IBM reopens its frozen pension plan, saving the company millions

Traditional pension plans have not returned. But the IBM news might make us think so.

Last month, IBM unfrozen a defined benefit pension plan that had frozen more than 15 years back. The company also stopped making contributions to employees’ 401(k) accounts.

These moves are surprising because, at least on the surface, IBM appears to be reversing a decades-long trend of corporations moving away from traditional pension plans. Under the old plans, companies promised to pay employees retirement income that rewarded them for long years of service. But these plans were expensive, and IBM and hundreds of other companies began emphasizing 401(k) plans, which shifted the primary responsibility for saving and investing to workers.

IBM’s new approach is significant because the company has been a leader in formulating employee benefits policies. What it is doing now is not a simple return to the classic cradle-to-grave benefit system. In fact, IBM’s new pension plan is not as generous to long-serving employees compared to its predecessor.

The move has real advantages for some people who work at IBM, particularly those who put little or no money of their own into 401(k)s and who stay with the company for a relatively short time.

Fundamentally, IBM’s move will likely be wonderful for its shareholders. The company is saving hundreds of millions of dollars a year by stopping contributions to employees’ 401(k) accounts. And you don’t need to put money into the pension plan this year (and probably for years to come) because you already have a lot of money in it. From a purely financial standpoint, IBM is improving its cash flow and results.

For a small but important subset of companies — those with fully funded, closed or frozen pension plans — IBM’s move could be a harbinger of things to come, pension consultants say. IBM is using a surplus from its pension fund to simultaneously change its employee benefits package and help the company’s finances.

“You’ll see more of this,” said Matt Maloney, senior partner at Aon. “But I don’t think it’s really a milestone because not many companies are in a position to do what IBM is doing.”

IBM calls its new pension plan a “retirement benefit account.” It is nested, legally and bureaucratically, within the previous version. Because it is part of the defined benefit pension plan, the new plan is backed by the government Pension Benefit Guarantee Corporationthat will pay benefitsup to certain limits, if the plan runs out of money or the employer goes out of business.

Unlike 401(k)s, in pension plans the employer “makes the contribution, owns the assets, selects the investments and assumes the investment risk,” said Alicia Munnell, director of the Boston Retirement Research Center. College.
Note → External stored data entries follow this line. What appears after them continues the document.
-- ===== src/Core/Frames.antt =====
-- What the core of bridge/deskhelm_core/core.py sends: frames as values, one constructor for each
-- type of frame. The prose of an error frame is left out.
use deskhelm.Prelude.{ℕ, String, Bool, List, Option}
use deskhelm.Json.{Object}
use deskhelm.Protocol.Session.{SessionKey, RuntimeIdentity}
use deskhelm.Protocol.Capability.{CapabilityMatrix}
use deskhelm.Protocol.Request.{RequestKind, Answers}
use deskhelm.Protocol.Shapes.{TurnStatus, Failure}
use deskhelm.Core.Events.{Event, Decision}

pub data Activity : Type 0 where
  starting idle working waiting_approval waiting_input : Activity

pub data Lifecycle : Type 0 where
  active disconnected : Lifecycle

pub data ResultCode : Type 0 where
  focused dispatched expired issuer_mismatch idempotency_conflict idempotency_capacity : ResultCode
  target_not_found target_inactive not_permitted unsupported approval_not_found : ResultCode
  approval_already_decided undelivered dispatch_failed invalid_command : ResultCode

pub data ErrorCode : Type 0 where
  protocol_violation unsupported_version capacity already_active not_permitted : ErrorCode

pub data OpenStatus : Type 0 where
  opened already_active capacity : OpenStatus

pub record TicketView : Type 0 where
  pub approval_id : String
  pub kind : RequestKind
  pub summary : String
  pub expires_at : ℕ
  pub answerable : Bool

pub record TurnOutcome : Type 0 where
  pub status : TurnStatus
  pub failure : Option Failure
  pub reusable : Bool
  pub turn_id : Option String

pub record View : Type 0 where
  pub key : SessionKey
  pub runtime : RuntimeIdentity
  pub capabilities : CapabilityMatrix
  pub lifecycle : Lifecycle
  pub activity : Activity
  pub turn_id : Option String
  pub last_outcome : Option TurnOutcome
  pub approvals : List TicketView
  pub attention : Bool
  pub opened_at : ℕ
  pub catalog_rev : ℕ

pub data Change : Type 0 where
  session_removed : SessionKey → Change
  session : View → Change
  focus : Option SessionKey → Change

-- An effect with its payload; the command's id stands beside it in the frame.
pub data Effect : Type 0 where
  submit : String → Effect
  interrupt : Effect
  respond : String → Decision → Effect
  answer : String → Answers → Effect
  configure : Option (Option String) → Option (Option String) → Effect

pub record CommandResult : Type 0 where
  pub command_id : String
  pub accepted : Bool
  pub code : ResultCode

pub data QueryStatus : Type 0 where
  ok not_permitted unavailable : QueryStatus

pub data Frame : Type 0 where
  hello_ok : String → String → Frame
  error : ErrorCode → Frame
  session_open_result : OpenStatus → Frame
  effect : String → String → Effect → Frame
  command_result : CommandResult → Bool → Frame
  query_result : String → QueryStatus → Object → Frame
  console_snapshot : String → ℕ → Option SessionKey → List View → Frame
  interaction_snapshot : String → ℕ → ℕ → Frame
  interaction : ℕ → Bool → Event → Frame
  delta : String → ℕ → List Change → Frame

pub data Output : Type 0 where
  send : String → Frame → Output
  close : String → ErrorCode → Output
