-- ===== src/Core/State.antt =====
-- The state of `Core` in bridge/deskhelm_core/core.py. An object that a dict holds is the dict's
-- value; a change of it is a `modify` under its key.
use deskhelm.Prelude.{ℕ, ◌*◌, String, Bool, List, [], Option, none, false, map}
use deskhelm.Dict.{Dict, values}
use deskhelm.Json.{Object}
use deskhelm.Protocol.Session.{SessionKey, RuntimeIdentity}
use deskhelm.Protocol.Capability.{CapabilityMatrix}
use deskhelm.Protocol.Request.{RequestKind}
use deskhelm.Protocol.Shapes.{ResolvedBy}
use deskhelm.Protocol.Command.{Command}
use deskhelm.Core.Events.{Event}
use deskhelm.Core.Frames.{
  Activity, Lifecycle, TicketView, TurnOutcome, View, Change, CommandResult, Output,
}

pub data Role : Type 0 where
  host client : Role

pub data Tier : Type 0 where
  operator voice device observer : Tier

pub data Stream : Type 0 where
  console interaction : Stream

pub record CoreLimits : Type 0 where
  pub max_sessions : ℕ
  pub max_hosts : ℕ
  pub max_clients : ℕ
  pub max_receipts : ℕ
  pub receipt_retention_ms : ℕ
  pub effect_deadline_ms : ℕ
  pub disconnected_ttl_ms : ℕ
  pub delta_history : ℕ
  pub window_events : ℕ
  pub window_bytes : ℕ
  pub max_tickets : ℕ

abbrev pub default_limits : CoreLimits
default_limits = record {
  max_sessions = 32;
  max_hosts = 32;
  max_clients = 16;
  max_receipts = 1024;
  receipt_retention_ms = 300_000;
  effect_deadline_ms = 5_000;
  disconnected_ttl_ms = 120_000;
  delta_history = 256;
  window_events = 200;
  window_bytes = 256 * 1024;
  max_tickets = 16;
}

pub record Ticket : Type 0 where
  pub approval_id : String
  pub provider_ref : String
  pub kind : RequestKind
  pub summary : String
  pub expires_at : ℕ
  pub answerable : Bool
  pub blocking : Bool
  pub question_ids : List String
  pub reserved : Bool
  pub resolved_by : Option ResolvedBy

unfoldable pub ticket_view : Ticket → TicketView
ticket_view t = record {
  approval_id = t.approval_id;
  kind = t.kind;
  summary = t.summary;
  expires_at = t.expires_at;
  answerable = t.answerable;
}

pub record SessionRecord : Type 0 where
  pub key : SessionKey
  pub owner : Option String
  pub runtime : RuntimeIdentity
  pub capabilities : CapabilityMatrix
  pub opened_at : ℕ
  pub lifecycle : Lifecycle
  pub activity : Activity
  pub ready : Bool
  pub turn_id : Option String
  pub turn_correlation : Option String
  pub last_outcome : Option TurnOutcome
  pub tickets : Dict String Ticket
  pub decided : Dict String ℕ
  pub attention : Bool
  pub host_seq : ℕ
  pub disconnected_at : Option ℕ
  pub catalog : Option Object
  pub catalog_rev : ℕ
  pub window : List Event
  pub window_bytes : ℕ
  pub sent_view : Option View

unfoldable pub view : SessionRecord → View
unfolding ticket_view
view r = record {
  key = r.key;
  runtime = r.runtime;
  capabilities = r.capabilities;
  lifecycle = r.lifecycle;
  activity = r.activity;
  turn_id = r.turn_id;
  last_outcome = r.last_outcome;
  approvals = map ticket_view (values r.tickets);
  attention = r.attention;
  opened_at = r.opened_at;
  catalog_rev = r.catalog_rev;
}

pub record Connection : Type 0 where
  pub connection_id : String
  pub role : Option Role
  pub client_id : String
  pub tier : Option Tier
  pub session : Option SessionKey
  pub console : Bool
  pub interaction : Bool
  pub interaction_filter : Option (List SessionKey)

abbrev pub new_connection : String → Connection
new_connection id = record {
  connection_id = id;
  role = none;
  client_id = "";
  tier = none;
  session = none;
  console = false;
  interaction = false;
  interaction_filter = none;
}

pub record Receipt : Type 0 where
  pub fingerprint : String
  pub retained_until : ℕ
  pub result : Option CommandResult
  pub waiters : List String

pub record InFlight : Type 0 where
  pub effect_id : String
  pub command : Command
  pub session : SessionKey
  pub deadline : ℕ
  pub approval_id : Option String
  pub scope : String × String

-- `sha256` stands for `hashlib.sha256(text.encode("utf-8")).hexdigest()`.
pub record Config : Type 0 where
  pub instance_id : String
  pub limits : CoreLimits
  pub sha256 : String → String

pub record Core : Type 0 where
  pub config : Config
  pub open config use *
  pub connections : Dict String Connection
  pub sessions : Dict SessionKey SessionRecord
  pub focus : Option SessionKey
  pub receipts : Dict (String × String) Receipt
  pub in_flight : Dict String InFlight
  pub counter : ℕ
  pub console_seq : ℕ
  pub interaction_seq : ℕ
  pub deltas : List (ℕ × List Change)
  pub out : List Output
  pub dirty : List SessionKey
  pub removed : List SessionKey
  pub focus_dirty : Bool

abbrev pub init : Config → Core
init config = record {
  config = config;
  connections = [];
  sessions = [];
  focus = none;
  receipts = [];
  in_flight = [];
  counter = 0;
  console_seq = 0;
  interaction_seq = 0;
  deltas = [];
  out = [];
  dirty = [];
  removed = [];
  focus_dirty = false;
}
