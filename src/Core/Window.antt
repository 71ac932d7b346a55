-- ===== src/Core/Window.antt =====
-- A session's window of recent events: `_drop_deltas` and the eviction of `_interaction` in
-- bridge/deskhelm_core/core.py.
pub mod Bounds
pub mod Deltas
use deskhelm.Prelude.{
  ℕ, ◌+◌, ◌-◌, String, string_eq, Bool, true, false, ◌&&◌, ◌||◌, List, [], ◌∷◌, ◌++◌, ltb, length,
  ◌==◌, if◌then◌else◌,
}
use deskhelm.Protocol.Shapes.{MessageRole, MessagePhase}
use deskhelm.Core.Events.{Event, Payload, size}
use deskhelm.Core.State.{CoreLimits, SessionRecord}

pub record Window : Type 0 where
  pub events : List Event
  pub bytes : ℕ

unfoldable pub same_role : MessageRole → MessageRole → Bool
same_role MessageRole.user MessageRole.user = true
same_role MessageRole.assistant MessageRole.assistant = true
same_role MessageRole.system MessageRole.system = true
same_role _ _ = false

-- A delta of the message that `correlation` and `role` name.
is_delta_payload : Payload → MessageRole → Bool
unfolding same_role
is_delta_payload (Payload.message r MessagePhase.delta text) role = same_role r role
is_delta_payload _ role = false

unfoldable pub is_delta_of : String → MessageRole → Event → Bool
unfolding is_delta_payload
is_delta_of correlation role e = is_delta_payload e.payload role && e.correlation_id == correlation

unfoldable pub drop_deltas : String → MessageRole → List Event → ℕ → Window
unfolding is_delta_of
drop_deltas correlation role [] bytes = record { events = []; bytes = bytes }
drop_deltas correlation role (e ∷ es) bytes =
    let gone = drop_deltas correlation role es (bytes - size e) in
    let rest = drop_deltas correlation role es bytes in
    if is_delta_of correlation role e
    then gone
    else record { events = e ∷ rest.events; bytes = rest.bytes }

-- The `while` loop that drops the oldest events.
unfoldable pub evict : CoreLimits → List Event → ℕ → Window
evict limits [] bytes = record { events = []; bytes = bytes }
evict limits (e ∷ es) bytes =
    let rest = evict limits es (bytes - size e) in
    if ltb limits.window_events (length (e ∷ es)) || ltb limits.window_bytes bytes
    then rest
    else record { events = e ∷ es; bytes = bytes }

-- A complete message with a text drops its deltas first.
unfoldable pub completed_message : Payload → String → List Event → ℕ → Window
unfolding drop_deltas
completed_message (Payload.message role MessagePhase.complete text) correlation window bytes =
    if text == ""
    then record { events = window; bytes = bytes }
    else drop_deltas correlation role window bytes
completed_message payload correlation window bytes = record { events = window; bytes = bytes }

unfoldable pub append_event : CoreLimits → Event → SessionRecord → Window
unfolding completed_message evict
append_event limits e r =
    let kept = completed_message e.payload e.correlation_id r.window r.window_bytes in
    evict limits (kept.events ++ e ∷ []) (kept.bytes + size e)
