-- ===== src/Core/Actions.antt =====
-- The shared helpers of `Core` in bridge/deskhelm_core/core.py: `_send`, `_result`, `_new_id`,
-- `_interaction`, `_resolved`, `_recompute` and `_set_focus`.
use Prim.Native.String.{◌++◌ as join}
use mathlib.Core.Bool.{not}
use deskhelm.Prelude.{
  ℕ, ◌+◌, String, string_eq, option_eq, Bool, true, false, ◌&&◌, ◌||◌, List, [], ◌∷◌, ◌++◌, Option,
  none, some, map, any, select, contains, present, ◌==◌, if◌then◌else◌,
}
use deskhelm.Dict.{modify, values}
use deskhelm.Json.Dumps.{decimal}
use deskhelm.Protocol.Session.{SessionKey, key_eq}
use deskhelm.Protocol.Request.{RequestKind, Answers, is_empty}
use deskhelm.Protocol.Shapes.{ResolvedBy}
use deskhelm.Core.Events.{Event, Payload, Decision}
use deskhelm.Core.Frames.{Activity, ResultCode, CommandResult, Frame, Output, send}
use deskhelm.Core.State.{Core, SessionRecord, Connection, Ticket}
use deskhelm.Core.Window.{append_event}

-- `_send`: nothing goes out without a connection.
unfoldable pub send_to : Option String → Frame → Core → Core
send_to none frame c = c
send_to (some connection) frame c = record c { out = c.out ++ send connection frame ∷ [] }

-- Every output of a list of frames, in order.
unfoldable pub send_all : List Output → Core → Core
send_all outputs c = record c { out = c.out ++ outputs }

is_accepted : ResultCode → Bool
is_accepted ResultCode.focused = true
is_accepted ResultCode.dispatched = true
is_accepted _ = false

unfoldable pub result_frame : String → ResultCode → CommandResult
unfolding is_accepted
result_frame command_id code = record {
  command_id = command_id;
  accepted = is_accepted code;
  code = code;
}

-- `_result`
unfoldable pub send_result : String → String → ResultCode → Core → Core
unfolding send_to
send_result connection command_id code c =
    send_to (some connection) (Frame.command_result (result_frame command_id code) false) c

-- f"{prefix}-{self.instance_id}-{self._counter}"
unfoldable pub fresh_id : String → String → ℕ → String
unfolding decimal
fresh_id prefix instance_id n = join prefix (join "-" (join instance_id (join "-" (decimal n))))

-- `_new_id`: the id that the next count gives, and the core that has counted it.
unfoldable pub new_id : String → Core → String
new_id prefix c = fresh_id prefix c.instance_id (c.counter + 1)

unfoldable pub counted : Core → Core
counted c = record c { counter = c.counter + 1 }

-- A change of the record that `_sessions` holds under the key.
unfoldable pub update : SessionKey → (SessionRecord → SessionRecord) → Core → Core
update key f c = record c { sessions = modify key f c.sessions }

unfoldable pub wanted : Connection → SessionKey → Bool
wanted state key = elim state.interaction_filter [
  | none ↦ true
  | some sessions ↦ contains sessions key
]

unfoldable pub interaction_outputs : SessionKey → Frame → List Connection → List Output
unfolding wanted select
interaction_outputs key frame states =
    map (λ s. send s.connection_id frame) (select (λ s. s.interaction && wanted s key) states)

unfoldable pub new_event : Core → SessionKey → Payload → String → ℕ → Event
new_event c key payload correlation now = record {
  event_id = join c.instance_id (join "-" (decimal (c.interaction_seq + 1)));
  key = key;
  sequence = c.interaction_seq + 1;
  occurred_at = now;
  correlation_id = correlation;
  payload = payload;
}

-- `_interaction`
unfoldable pub interaction : SessionKey → Payload → String → ℕ → Core → Core
unfolding new_event interaction_outputs
interaction key payload correlation now c =
    let event = new_event c key payload correlation now in
    let remember = λ (r : SessionRecord). record r {
      window = (append_event c.limits event r).events;
      window_bytes = (append_event c.limits event r).bytes;
    } in
    record c {
      interaction_seq = c.interaction_seq + 1;
      sessions = modify key remember c.sessions;
      out =
          c.out
          ++ interaction_outputs key (Frame.interaction event.sequence false event)
              (values c.connections);
    }

pub record Ending : Type 0 where
  pub by : ResolvedBy
  pub decision : Option Decision
  pub answers : Option Answers
  pub unknown : Bool

abbrev pub ended : ResolvedBy → Ending
ended by = record { by = by; decision = none; answers = none; unknown = false }

-- `_resolved`
unfoldable pub resolved : SessionKey → Ticket → Ending → ℕ → Core → Core
resolved key ticket ending now c =
    interaction key
      (Payload.resolved (record {
        kind = ticket.kind;
        request_id = ticket.approval_id;
        by = ending.by;
        decision = ending.decision;
        answers = ending.answers;
        unknown = ending.unknown;
      }))
      ticket.approval_id now c

unfoldable pub is_approval : Ticket → Bool
is_approval t = elim t.kind [ RequestKind.approval ↦ true | RequestKind.input ↦ false ]

unfoldable pub is_input : Ticket → Bool
is_input t = elim t.kind [ RequestKind.approval ↦ false | RequestKind.input ↦ true ]

unfoldable pub activity_of : SessionRecord → Activity
unfolding is_approval is_input any select
activity_of r =
    let tickets = values r.tickets in
    let inputs = select is_input tickets in
    if any is_approval tickets || r.attention
    then Activity.waiting_approval
    else if any (λ t. t.blocking) inputs
    then Activity.waiting_input
    else if present r.turn_id
    then Activity.working
    else if not (is_empty inputs)
    then Activity.waiting_input
    else if r.ready
    then Activity.idle
    else Activity.starting

-- A set of keys, as the list of its members.
unfoldable pub mark : SessionKey → List SessionKey → List SessionKey
unfolding contains
mark key keys = if contains keys key then keys else keys ++ key ∷ []

-- `_recompute`
unfoldable pub recompute : SessionKey → Core → Core
unfolding activity_of mark
recompute key c = record c {
  sessions = modify key (λ r. record r { activity = activity_of r }) c.sessions;
  dirty = mark key c.dirty;
}

-- `_set_focus`
unfoldable pub set_focus : Option SessionKey → Core → Core
set_focus key c = if c.focus == key then c else record c { focus = key; focus_dirty = true }
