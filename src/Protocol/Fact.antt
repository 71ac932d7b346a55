-- ===== src/Protocol/Fact.antt =====
-- `Fact.from_dict` and the validators of bridge/deskhelm_protocol/model.py. A checked fact keeps
-- what the Bridge reads of it, as a value of its kind.
use Prim.Native.String.{count}
use mathlib.Core.Bool.{not}
use deskhelm.Prelude.{
  ℕ, ◌*◌, ◌++◌, String, string_eq, true, false, List, [], ◌∷◌, Option, none, some, leb, all, any,
  contains, if◌then◌else◌,
}
use deskhelm.Dict.{has_key, keys}
use deskhelm.Json.{ℤ, Json, Object, object}
use deskhelm.Json.Dumps.{dumps, plain_ascii}
use deskhelm.Protocol.Fields.{
  Result, ok, violation, ◌>>=◌, ◌>>◌, require, get, get_or, object_field, int_field, bool_field,
  enum_field, text_field, identity_field, optional_identity, max_label_chars, max_summary_chars,
  max_text_chars,
}
use deskhelm.Protocol.Capability.{capabilities_from_dict}
use deskhelm.Protocol.Request.{request_from_object, Answers, answers_field, is_empty}
use deskhelm.Protocol.Shapes.{
  FactKind, ToolPhase, ToolStatus, Failure, FactBody, fact_values, role_values, phase_values,
  tool_phase_values, tool_status_values, turn_status_values, failure_values, resolved_values,
}

abbrev pub max_catalog_bytes : ℕ
max_catalog_bytes = 256 * 1024

no_content : Object → Result (Unit {0})
no_content content = require (is_empty content)

turn_started_fact : Object → Object → Result FactBody
turn_started_fact meta content = do
  turn_ref ← identity_field (get meta "turn_ref")
  command_id ← optional_identity meta "command_id"
  no_content content
  ok (FactBody.turn_started command_id)

message_fact : Object → Object → Result FactBody
message_fact meta content = do
  message_ref ← identity_field (get meta "message_ref")
  role ← enum_field role_values (get meta "role")
  phase ← enum_field phase_values (get meta "phase")
  command_id ← optional_identity meta "command_id"
  text ← text_field (get_or content "text" (Json.str "")) max_text_chars true
  ok (
      FactBody.message (record {
        message_ref = message_ref;
        role = role;
        phase = phase;
        command_id = command_id;
        text = text;
      }))

-- Every completion says how the tool ended; nothing else may.
tool_status : ToolPhase → Object → Result (Option ToolStatus)
tool_status ToolPhase.complete meta = do
  ended ← enum_field tool_status_values (get meta "status")
  ok (some ended)
tool_status phase meta = do require (not (has_key "status" meta)); ok none

exit_code : Json → Result (Option ℤ)
exit_code Json.null = ok none
exit_code (Json.int z) = ok (some z)
exit_code _ = violation

tool_fact : Object → Object → Result FactBody
unfolding tool_status exit_code
tool_fact meta content = do
  tool_ref ← identity_field (get meta "tool_ref")
  label ← text_field (get meta "label") max_label_chars false
  phase ← enum_field tool_phase_values (get meta "phase")
  status ← tool_status phase meta
  code ← exit_code (get meta "exit_code")
  replace ← bool_field (get_or meta "replace" (Json.bool false))
  text ← text_field (get_or content "text" (Json.str "")) max_text_chars true
  ok (
      FactBody.tool (record {
        tool_ref = tool_ref;
        label = label;
        phase = phase;
        status = status;
        exit_code = code;
        replace = replace;
        stream = get meta "stream";
        text = text;
      }))

abbrev request_content : List String
request_content = "detail" ∷ "questions" ∷ []

-- `{**meta, **content}`: a name of the content hides the same name of the meta.
request_opened_fact : Object → Object → Result FactBody
request_opened_fact meta content = do
  require (not (any (contains request_content) (keys meta)))
  require (all (contains request_content) (keys content))
  request ← request_from_object (content ++ meta)
  ok (FactBody.request_opened request)

optional_answers : Object → Result (Option Answers)
optional_answers content =
    if has_key "answers" content
    then (do answers ← answers_field (get content "answers"); ok (some answers))
    else ok none

request_resolved_fact : Object → Object → Result FactBody
unfolding optional_answers
request_resolved_fact meta content = do
  provider_ref ← identity_field (get meta "provider_ref")
  by ← enum_field resolved_values (get meta "by")
  require (all (contains ("answers" ∷ [])) (keys content))
  answers ← optional_answers content
  ok (FactBody.request_resolved provider_ref by answers)

optional_failure : Json → Result (Option Failure)
optional_failure Json.null = ok none
optional_failure value = do failure ← enum_field failure_values value; ok (some failure)

turn_terminal_fact : Object → Object → Result FactBody
unfolding optional_failure
turn_terminal_fact meta content = do
  status ← enum_field turn_status_values (get meta "status")
  failure ← optional_failure (get meta "failure")
  reusable ← bool_field (get_or meta "reusable" (Json.bool true))
  turn_ref ← optional_identity meta "turn_ref"
  message ← text_field (get_or content "message" (Json.str "")) max_summary_chars true
  ok (
      FactBody.turn_terminal
        (record { status = status; failure = failure; reusable = reusable; message = message }))

status_fact : Object → Object → Result FactBody
status_fact meta content = do
  attention ← bool_field (get meta "attention")
  no_content content
  ok (FactBody.status attention)

catalog_fact : Object → Object → Result FactBody
catalog_fact meta content = do
  catalog ← object_field (get content "catalog")
  require (leb (count (dumps plain_ascii (object catalog))) max_catalog_bytes)
  ok (FactBody.catalog catalog)

capabilities_fact : Object → Object → Result FactBody
capabilities_fact meta content = do
  matrix ← capabilities_from_dict (get meta "capabilities")
  no_content content
  ok (FactBody.capabilities matrix)

session_ended_fact : Object → Object → Result FactBody
session_ended_fact meta content = do
  reason ← text_field (get_or meta "reason" (Json.str "ended")) max_label_chars false
  no_content content
  ok FactBody.session_ended

-- `_FACT_VALIDATORS[kind](meta, content)`
unfoldable pub fact_body : FactKind → Object → Object → Result FactBody
unfolding no_content turn_started_fact message_fact tool_fact request_opened_fact
    request_resolved_fact turn_terminal_fact status_fact catalog_fact capabilities_fact
    session_ended_fact
fact_body FactKind.ready meta content = do no_content content; ok FactBody.ready
fact_body FactKind.turn_started meta content = turn_started_fact meta content
fact_body FactKind.message meta content = message_fact meta content
fact_body FactKind.tool meta content = tool_fact meta content
fact_body FactKind.request_opened meta content = request_opened_fact meta content
fact_body FactKind.request_resolved meta content = request_resolved_fact meta content
fact_body FactKind.turn_terminal meta content = turn_terminal_fact meta content
fact_body FactKind.status meta content = status_fact meta content
fact_body FactKind.catalog meta content = catalog_fact meta content
fact_body FactKind.capabilities meta content = capabilities_fact meta content
fact_body FactKind.session_ended meta content = session_ended_fact meta content

pub record Fact : Type 0 where
  pub seq : ℕ
  pub body : FactBody

unfoldable pub fact_from_dict : Object → Result Fact
unfolding fact_body
fact_from_dict o = do
  seq ← int_field (get o "seq") 1
  kind ← enum_field fact_values (get o "kind")
  meta ← object_field (get_or o "meta" (object []))
  content ← object_field (get_or o "content" (object []))
  body ← fact_body kind meta content
  ok (record { seq = seq; body = body })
Employees immediately buy into IBM’s new plan and can take their money with them when they leave, IBM says. So far, so good.

But for many employees, the change comes at a cost.

IBM will no longer contribute to its employees’ 401(k) plans. Until now, it made 5 percent matching contributions and 1 percent automatic contributions, according to published internal documents. in public and whose authenticity was confirmed by Jessica Chen, IBM spokesperson. That money and those accounts are the property of the employees. It took a year for employees to qualify for those accounts.

The new retirement benefit accounts are part of a so-called cash balance plan, a pension plan in which the employer controls how the money is invested.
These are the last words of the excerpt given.